WORK INSTRUCTION: Repeat, exactly as written, the lines of the records below from the first through the line with "heard b (Command.send (ClientFrame.viewing", but none past it.

Dataset excerpts:
Start of Block

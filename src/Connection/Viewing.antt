-- ===== src/Connection/Viewing.antt =====
-- What the gateway hears of the Bot that the page shows, against what the page shows.
use bokkie.Prelude.{◌≡◌, Option, none, List, [], ◌∷◌}
use bokkie.Protocol.Routines.{BotId}
use bokkie.Protocol.Events.{ClientFrame}
use bokkie.Connection.Machine.{State, Command, Connection}
use bokkie.Connection.Steps.{shown}

-- What the gateway holds of the newest socket: nothing when it opens, and then the last thing said.
abbrev pub heard : Option BotId → List Command → Option BotId
heard b [] = b
heard b (Command.connect ∷ cs) = heard none cs
heard b (Command.send (ClientFrame.viewing bot) ∷ cs) = heard bot cs
heard b (Command.send (ClientFrame.resume _) ∷ cs) = heard b cs
heard b (Command.send ClientFrame.ping ∷ cs) = heard b cs
heard b (_ ∷ cs) = heard b cs

-- A live socket has said what the page shows; one that is not live yet has said nothing.
abbrev InformedAt : State → Option BotId → Option BotId → Option BotId → Type 0
InformedAt State.live b told bot = (b ≡ told) × (told ≡ bot)
InformedAt State.connecting b told bot = b ≡ none
InformedAt State.resuming b told bot = b ≡ none
InformedAt State.replaying b told bot = b ≡ none
InformedAt _ b told bot = Unit

abbrev pub Informed : Option BotId → Connection → Type 0
Informed b c = InformedAt c.state b c.told (shown c)
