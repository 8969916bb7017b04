-- ===== src/EventLog.antt =====
-- crates/bokkie-gateway/src/events.rs: one user's event log. `Rows` is the table as the SQL
-- statements use it, `Log` the log and its batches, `System` everything that happens to one user's
-- log, `Append` the events without a batch of their own; the other children prove.
pub mod Rows
pub mod Log
pub mod System
pub mod Numbering
pub mod Invariant
pub mod Operations
pub mod Guarantees
pub mod Append
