-- ===== src/Algod/Submits/Calls.antt =====
-- The statuses that are submitted while a block is fetched or a status is asked for:
-- internal/algod/node.go.
use algo_vnode.Prelude.{
  ℕ, ◌≤◌, [], ◌∷◌, ◌≡◌, ◌≢◌, true, List, Option, none, some, inl, inr, GoError, arith, Result-cases,
  ok, All,
}
use algo_vnode.Algod.Client.{Reply, reply, refused, Call}
use algo_vnode.Algod.Cluster.{set_latest_round}
use algo_vnode.Algod.Float.{Float}
use algo_vnode.Algod.Loop.{decode_block, ask_block, use_block, after_block, fetch_block_raw}
use algo_vnode.Algod.Node.{update_rtt}
use algo_vnode.Algod.State.{Cluster}
use algo_vnode.Algod.Submits.{
  NoNil, OutcomeKeeps, GotKeeps, During, call-During, IgnoresCache, block_sink-Keeps, sunk-Keeps,
  map-Keeps, set_latest_round-NoNil,
}
use algo_vnode.BlockCache.Lru.{Lru}
use algo_vnode.BlockFetcher.Make.{Codec}
use algo_vnode.Utils.Backoff.Keeps.{ResultKeeps}

-- A reply that decodes to a block of the round it was asked for.
abbrev pub IsOfRound : {C : Type 0} → Codec C → ℕ → Reply (List ℕ) → Type 0
IsOfRound cd round (refused e) = Unit {0}
IsOfRound {C} cd round (reply raw us) =
    (block : C) → cd.decode raw ≡ ok block → cd.round_of block ≡ round

abbrev pub Any : {A : Type 0} → A → Type 0
Any a = Unit {0}

pub All-Any : {A : Type 0} (xs : List A) → All Any xs
All-Any [] = tt
All-Any (x ∷ xs) = (tt, All-Any xs)

module _ (fl : Float) (lru : Lru) {C : Type 0} (now i : ℕ) (cd : Codec C)
    (P : Cluster fl lru C → Type 0) (Q : Reply (List ℕ) → Type 0) (G : C × List ℕ → Type 0)
    (free : IgnoresCache fl lru P)
    (timed : (us : ℕ) (gs : Cluster fl lru C) → P gs → P (update_rtt fl lru now i us gs))
    (decoded : (raw : List ℕ) (us : ℕ) (block : C)
      → cd.decode raw ≡ ok block
      → Q (reply raw us)
      → G (block, raw))
    (reported : (block : C) (raw : List ℕ) (gs : Cluster fl lru C)
      → G (block, raw)
      → P gs
      → P (set_latest_round fl lru now (cd.round_of block) i gs).0) where
  decode_block-Keeps :
      (rb : List ℕ) (us : ℕ) (gs : Cluster fl lru C)
      → Q (reply rb us)
      → P gs
      → P (decode_block fl lru now i cd rb us gs).0.1
        × GotKeeps G (decode_block fl lru now i cd rb us gs).1
  unfolding decode_block
  decode_block-Keeps rb us gs q p = elim (Result-cases (cd.decode rb)) [
    | inl (y, f) ↦ rw (f, decode_block) (timed us gs p, tt)
    | inr (block, f) ↦ rw (f, decode_block) (timed us gs p, decoded rb us block f q)
  ]

  used :
      (got : Option (C × List ℕ)) (gs : Cluster fl lru C)
      → GotKeeps G got
      → P gs
      → OutcomeKeeps fl lru P (use_block fl lru now i cd got gs)
  unfolding use_block
  used none gs g p = tt
  used (some (block, rb)) gs g p =
      map-Keeps fl lru P (λ _. true) _
        (block_sink-Keeps fl lru P free now i cd block rb gs (reported block rb gs g p))

  -- What a fetch of a block keeps.
  pub fetch_block_raw-Keeps :
      (round : ℕ) (replies : List (Reply (List ℕ))) (gs : Cluster fl lru C)
      → All Q replies
      → P gs
      → OutcomeKeeps fl lru P (fetch_block_raw fl lru now i cd round replies gs)
  unfolding fetch_block_raw ask_block after_block
  fetch_block_raw-Keeps round replies gs q p = after _ (
      call-During fl lru _ _ P Q G (λ e s h. h) (λ x us s q h. decode_block-Keeps x us s q h) 10 gs
        replies p q)
    where
      after :
          (r : Option (Option GoError × Call fl lru C (List ℕ) (C × List ℕ)))
          → ResultKeeps (During fl lru P Q G) r
          → OutcomeKeeps fl lru P (after_block fl lru now i cd round r)
      after none d = tt
      after (some (some e, s)) d = sunk-Keeps fl lru P free round (some e) s.gs d.holds
      after (some (none, s)) d = used s.got s.gs d.good d.holds

module _ (fl : Float) (lru : Lru) {C : Type 0} (now i : ℕ) where
  -- The node `i` has a status.
  abbrev pub HasStatus : Cluster fl lru C → Type 0
  HasStatus gs = (gs.nodes i).last_status ≢ none

  -- A round that the cluster knows.
  abbrev pub Known : ℕ → Cluster fl lru C → Type 0
  Known round gs = round ≤ gs.latest_round

  set_latest_round-HasStatus :
      (lr : ℕ) (gs : Cluster fl lru C)
      → HasStatus gs
      → HasStatus (set_latest_round fl lru now lr i gs).0
  unfolding set_latest_round
  set_latest_round-HasStatus lr gs h = ground arith

  set_latest_round-Known :
      (lr round : ℕ) (gs : Cluster fl lru C)
      → Known round gs
      → Known round (set_latest_round fl lru now lr i gs).0
  unfolding set_latest_round
  set_latest_round-Known lr round gs h = ground arith

  timed-HasStatus :
      (us : ℕ) (gs : Cluster fl lru C)
      → NoNil fl lru gs × HasStatus gs
      → NoNil fl lru (update_rtt fl lru now i us gs) × HasStatus (update_rtt fl lru now i us gs)
  unfolding update_rtt
  timed-HasStatus us gs p = (p.0, ground (arith, p.1))

  timed-Known :
      (round us : ℕ) (gs : Cluster fl lru C)
      → NoNil fl lru gs × Known round gs
      → NoNil fl lru (update_rtt fl lru now i us gs) × Known round (update_rtt fl lru now i us gs)
  unfolding update_rtt
  timed-Known round us gs p = p

  module _ (cd : Codec C) where
    -- A node that has a status may send any block.
    pub fetch-HasStatus :
        (round : ℕ) (replies : List (Reply (List ℕ))) (gs : Cluster fl lru C)
        → NoNil fl lru gs × HasStatus gs
        → OutcomeKeeps fl lru
            (λ gs. NoNil fl lru gs × HasStatus gs)
            (fetch_block_raw fl lru now i cd round replies gs)
    fetch-HasStatus round replies gs p =
        fetch_block_raw-Keeps fl lru now i cd (λ gs. NoNil fl lru gs × HasStatus gs) Any Any
          (λ gs u p. p) timed-HasStatus (λ raw us block e q. tt)
          (λ block raw gs g p.
            let lr = cd.round_of block in
            (
              set_latest_round-NoNil fl lru now lr i gs (inl p.1) p.0,
              set_latest_round-HasStatus lr gs p.1,
            ))
          round replies gs (All-Any replies) p

    -- A node without one must send the block that it is asked for, of a round that is known.
    pub fetch-Known :
        (round : ℕ) (replies : List (Reply (List ℕ))) (gs : Cluster fl lru C)
        → All (IsOfRound cd round) replies
        → NoNil fl lru gs × Known round gs
        → OutcomeKeeps fl lru
            (λ gs. NoNil fl lru gs × Known round gs)
            (fetch_block_raw fl lru now i cd round replies gs)
    fetch-Known round replies gs q p =
        fetch_block_raw-Keeps fl lru now i cd (λ gs. NoNil fl lru gs × Known round gs)
          (IsOfRound cd round) (λ (b : C × List ℕ). cd.round_of b.0 ≡ round) (λ gs u p. p)
          (timed-Known round) (λ raw us block e q. q block e)
          (λ block raw gs g p.
            let lr = cd.round_of block in
            let no_news : lr ≤ gs.latest_round = omega (arith, g, p.1) in
            (
              set_latest_round-NoNil fl lru now lr i gs (inr no_news) p.0,
              set_latest_round-Known lr round gs p.1,
            ))
          round replies gs q p
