-- ===== src/Algod/Submits/Statuses.antt =====
-- The statuses that are submitted when a node reports its own: `updateStatus` and
-- `updateStatusAfter` of internal/algod/node.go.
use algo_vnode.Prelude.{
  ℕ, Bool-cases, ◌≡◌, ◌≢◌, refl, ap, Bool, true, false, List, Option, none, some, inl, inr, GoError,
  arith, if◌then◌else◌,
}
use algo_vnode.Algod.Client.{
  Reply, Call, ask_status, use_status, after_status, update_status, is_canceled,
}
use algo_vnode.Algod.Cluster.{get_latest_round}
use algo_vnode.Algod.Float.{Float}
use algo_vnode.Algod.Loop.{
  update_status_after, ask_status_after, after_status_after, use_status_after,
}
use algo_vnode.Algod.Node.{set_state, update_rtt, update_with_status}
use algo_vnode.Algod.State.{NodeState, Status, Cluster, failing}
use algo_vnode.Algod.Submits.{NoNil, OutcomeKeeps, During, call-During, set_latest_round-NoNil}
use algo_vnode.Algod.Submits.Calls.{Any, All-Any, HasStatus}
use algo_vnode.BlockCache.Lru.{Lru}
use algo_vnode.Utils.Backoff.Keeps.{ResultKeeps}

module _ (fl : Float) (lru : Lru) {C : Type 0} (now i : ℕ) where
  pub set_state-NoNil :
      (st : NodeState) (gs : Cluster fl lru C)
      → NoNil fl lru gs
      → NoNil fl lru (set_state fl lru now i st gs)
  unfolding set_state
  set_state-NoNil st gs p = ground (arith, p)

  update_with_status-NoNil :
      (st : Status) (gs : Cluster fl lru C)
      → NoNil fl lru gs
      → NoNil fl lru (update_with_status fl lru now i st gs).0
  unfolding update_with_status set_state
  update_with_status-NoNil st gs p = ground (arith, p)

  update_with_status-HasStatus :
      (st : Status) (gs : Cluster fl lru C)
      → (update_with_status fl lru now i st gs).1 ≡ true
      → HasStatus fl lru now i (update_with_status fl lru now i st gs).0
  unfolding update_with_status
  update_with_status-HasStatus st gs e = ground arith

  use_status-NoNil :
      (st : Option Status) (gs : Cluster fl lru C)
      → NoNil fl lru gs
      → OutcomeKeeps fl lru (NoNil fl lru) (use_status fl lru now i st gs)
  unfolding use_status
  use_status-NoNil none gs p = tt
  use_status-NoNil (some st) gs p =
      let r = update_with_status fl lru now i st gs in
      let first = update_with_status-NoNil st gs p in
      elim (Bool-cases r.1) [
        | inr e ↦ rw (e, use_status) first
        | inl e ↦
            rw (e, use_status)
              (set_latest_round-NoNil fl lru now (r.0.nodes i).latest_round i r.0
                (inl (update_with_status-HasStatus st gs e)) first)
      ]

  after_status-NoNil :
      (r : Option (Option GoError × Call fl lru C Status Status))
      → ResultKeeps (During fl lru (NoNil fl lru) Any Any) r
      → OutcomeKeeps fl lru (NoNil fl lru) (after_status fl lru now i r)
  unfolding after_status
  after_status-NoNil none d = tt
  after_status-NoNil (some (some e, s)) d = d.holds
  after_status-NoNil (some (none, s)) d = use_status-NoNil s.got s.gs d.holds

  pub update_status-NoNil :
      (replies : List (Reply Status)) (gs : Cluster fl lru C)
      → NoNil fl lru gs
      → OutcomeKeeps fl lru (NoNil fl lru) (update_status fl lru now i replies gs)
  unfolding update_status ask_status update_rtt
  update_status-NoNil replies gs p = after_status-NoNil _ (
      call-During fl lru _ _ (NoNil fl lru) Any Any (λ e s h. set_state-NoNil failing s h)
        (λ st us s q h. (h, tt)) 0 gs replies p (All-Any replies))

  -- A round that is not 0 comes with a status.
  abbrev pub Answered : Option (Cluster fl lru C × ℕ) → Type 0
  Answered none = Unit {0}
  Answered (some (gs, lr)) = NoNil fl lru gs × (lr ≢ 0 → HasStatus fl lru now i gs)

  unless :
      (b : Bool) (s : Cluster fl lru C)
      → NoNil fl lru s
      → NoNil fl lru (if b then s else set_state fl lru now i failing s)
  unless true s p = p
  unless false s p = set_state-NoNil failing s p

  use_status_after-Answered :
      (lr : ℕ) (st : Option Status) (gs : Cluster fl lru C)
      → NoNil fl lru gs
      → Answered (use_status_after fl lru now i lr st gs)
  unfolding use_status_after
  use_status_after-Answered lr none gs p = tt
  use_status_after-Answered lr (some st) gs p =
      elim (Bool-cases (update_with_status fl lru now i st gs).1) [
        | inl e ↦ (update_with_status-NoNil st gs p, λ n. update_with_status-HasStatus st gs e)
        | inr e ↦ (
          update_with_status-NoNil st gs p,
          λ n. absurd (n (ap (λ (b : Bool). if b then lr else 0) e)),
        )
      ]

  after_status_after-Answered :
      (lr : ℕ) (r : Option (Option GoError × Call fl lru C Status Status))
      → ResultKeeps (During fl lru (NoNil fl lru) Any Any) r
      → Answered (after_status_after fl lru now i lr r)
  unfolding after_status_after
  after_status_after-Answered lr none d = tt
  after_status_after-Answered lr (some (some e, s)) d = (d.holds, λ n. absurd (n refl))
  after_status_after-Answered lr (some (none, s)) d =
      use_status_after-Answered lr s.got s.gs d.holds

  pub update_status_after-Answered :
      (replies : List (Reply Status)) (gs : Cluster fl lru C)
      → NoNil fl lru gs
      → Answered (update_status_after fl lru now i replies gs)
  unfolding update_status_after ask_status_after
  update_status_after-Answered replies gs p =
      after_status_after-Answered (get_latest_round fl lru gs) _ (
        call-During fl lru _ _ (NoNil fl lru) Any Any (λ e s h. unless (is_canceled e) s h)
          (λ st us s q h. (h, tt)) 10 gs replies p (All-Any replies))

End of Block

RESPONSE TO THIS TASK:
filename src/Connection/Viewing.antt
-- ===== src/Connection/Viewing.antt =====
-- What the gateway hears of the Bot that the page shows, against what the page shows.
use bokkie.Prelude.{◌≡◌, Option, none, List, [], ◌∷◌}
use bokkie.Protocol.Routines.{BotId}
use bokkie.Protocol.Events.{ClientFrame}
use bokkie.Connection.Machine.{State, Command, Connection}
use bokkie.Connection.Steps.{shown}

-- What the gateway holds of the newest socket: nothing when it opens, and then the last thing said.
abbrev pub heard : Option BotId → List Command → Option BotId
heard b [] = b
heard b (Command.connect ∷ cs) = heard none cs
heard b (Command.send (ClientFrame.viewing bot) ∷ cs) = heard bot cs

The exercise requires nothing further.